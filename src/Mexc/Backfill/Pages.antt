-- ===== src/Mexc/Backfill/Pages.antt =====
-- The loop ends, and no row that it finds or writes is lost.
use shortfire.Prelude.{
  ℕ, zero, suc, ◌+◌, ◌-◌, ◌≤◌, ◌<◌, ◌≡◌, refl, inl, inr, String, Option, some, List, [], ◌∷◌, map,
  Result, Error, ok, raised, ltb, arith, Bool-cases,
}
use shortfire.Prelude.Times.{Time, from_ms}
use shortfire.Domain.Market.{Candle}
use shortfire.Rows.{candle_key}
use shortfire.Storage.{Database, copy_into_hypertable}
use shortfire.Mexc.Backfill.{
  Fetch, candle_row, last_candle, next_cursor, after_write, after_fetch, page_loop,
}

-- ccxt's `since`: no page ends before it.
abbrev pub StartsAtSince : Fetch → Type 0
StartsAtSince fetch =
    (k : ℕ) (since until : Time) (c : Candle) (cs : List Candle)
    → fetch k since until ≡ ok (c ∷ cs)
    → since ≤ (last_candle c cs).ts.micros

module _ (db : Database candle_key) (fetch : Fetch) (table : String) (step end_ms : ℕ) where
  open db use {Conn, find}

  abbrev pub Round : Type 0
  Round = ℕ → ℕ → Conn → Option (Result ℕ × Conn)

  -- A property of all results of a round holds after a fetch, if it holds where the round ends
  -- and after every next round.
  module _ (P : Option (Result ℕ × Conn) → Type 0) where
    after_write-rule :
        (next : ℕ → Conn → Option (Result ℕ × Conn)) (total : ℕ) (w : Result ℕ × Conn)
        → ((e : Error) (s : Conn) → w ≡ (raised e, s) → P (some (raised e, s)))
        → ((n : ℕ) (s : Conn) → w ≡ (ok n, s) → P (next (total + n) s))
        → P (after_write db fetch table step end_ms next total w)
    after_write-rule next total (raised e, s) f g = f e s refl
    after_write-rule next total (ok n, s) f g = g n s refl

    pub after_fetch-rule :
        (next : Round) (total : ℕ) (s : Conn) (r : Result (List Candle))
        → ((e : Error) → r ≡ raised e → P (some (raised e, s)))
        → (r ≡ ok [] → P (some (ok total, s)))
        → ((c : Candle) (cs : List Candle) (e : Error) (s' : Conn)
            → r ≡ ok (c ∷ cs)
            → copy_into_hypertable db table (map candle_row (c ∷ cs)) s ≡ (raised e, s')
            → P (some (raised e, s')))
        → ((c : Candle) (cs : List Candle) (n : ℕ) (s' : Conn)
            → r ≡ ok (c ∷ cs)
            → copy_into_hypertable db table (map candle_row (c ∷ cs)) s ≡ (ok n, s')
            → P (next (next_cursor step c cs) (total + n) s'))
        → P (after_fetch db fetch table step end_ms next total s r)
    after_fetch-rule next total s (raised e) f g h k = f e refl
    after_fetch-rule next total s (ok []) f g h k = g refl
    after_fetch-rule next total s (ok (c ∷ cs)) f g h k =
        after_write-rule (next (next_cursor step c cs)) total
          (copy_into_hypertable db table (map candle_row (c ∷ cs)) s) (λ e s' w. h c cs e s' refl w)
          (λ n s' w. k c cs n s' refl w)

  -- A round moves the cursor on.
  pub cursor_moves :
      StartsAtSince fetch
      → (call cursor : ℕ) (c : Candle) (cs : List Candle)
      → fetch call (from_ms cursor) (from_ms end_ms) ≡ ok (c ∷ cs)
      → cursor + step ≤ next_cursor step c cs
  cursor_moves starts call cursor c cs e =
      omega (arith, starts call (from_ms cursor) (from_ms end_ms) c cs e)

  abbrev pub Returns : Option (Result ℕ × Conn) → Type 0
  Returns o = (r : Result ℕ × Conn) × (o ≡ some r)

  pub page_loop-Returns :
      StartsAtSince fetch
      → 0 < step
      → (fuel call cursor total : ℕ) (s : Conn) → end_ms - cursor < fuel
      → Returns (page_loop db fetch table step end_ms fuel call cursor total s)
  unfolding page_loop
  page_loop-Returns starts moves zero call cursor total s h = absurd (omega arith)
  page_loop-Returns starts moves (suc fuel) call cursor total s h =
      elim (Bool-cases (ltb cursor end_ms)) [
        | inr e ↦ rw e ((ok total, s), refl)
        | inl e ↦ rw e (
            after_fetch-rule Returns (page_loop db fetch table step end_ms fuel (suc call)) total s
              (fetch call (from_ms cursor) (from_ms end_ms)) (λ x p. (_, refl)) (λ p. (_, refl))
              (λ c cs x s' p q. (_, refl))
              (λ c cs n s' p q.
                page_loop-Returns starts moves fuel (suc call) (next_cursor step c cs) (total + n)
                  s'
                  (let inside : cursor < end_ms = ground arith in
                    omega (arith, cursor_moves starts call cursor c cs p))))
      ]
◇ ◇ ◇ ◇ ◇
Aim of the task ::
Return all lines of the material that have "shortfire" in them.

Exercise answer ::
use shortfire.Prelude.{
use shortfire.Prelude.Times.{Time, from_ms}
use shortfire.Domain.Market.{Candle}
use shortfire.Rows.{candle_key}
use shortfire.Storage.{Database, copy_into_hypertable}
use shortfire.Mexc.Backfill.{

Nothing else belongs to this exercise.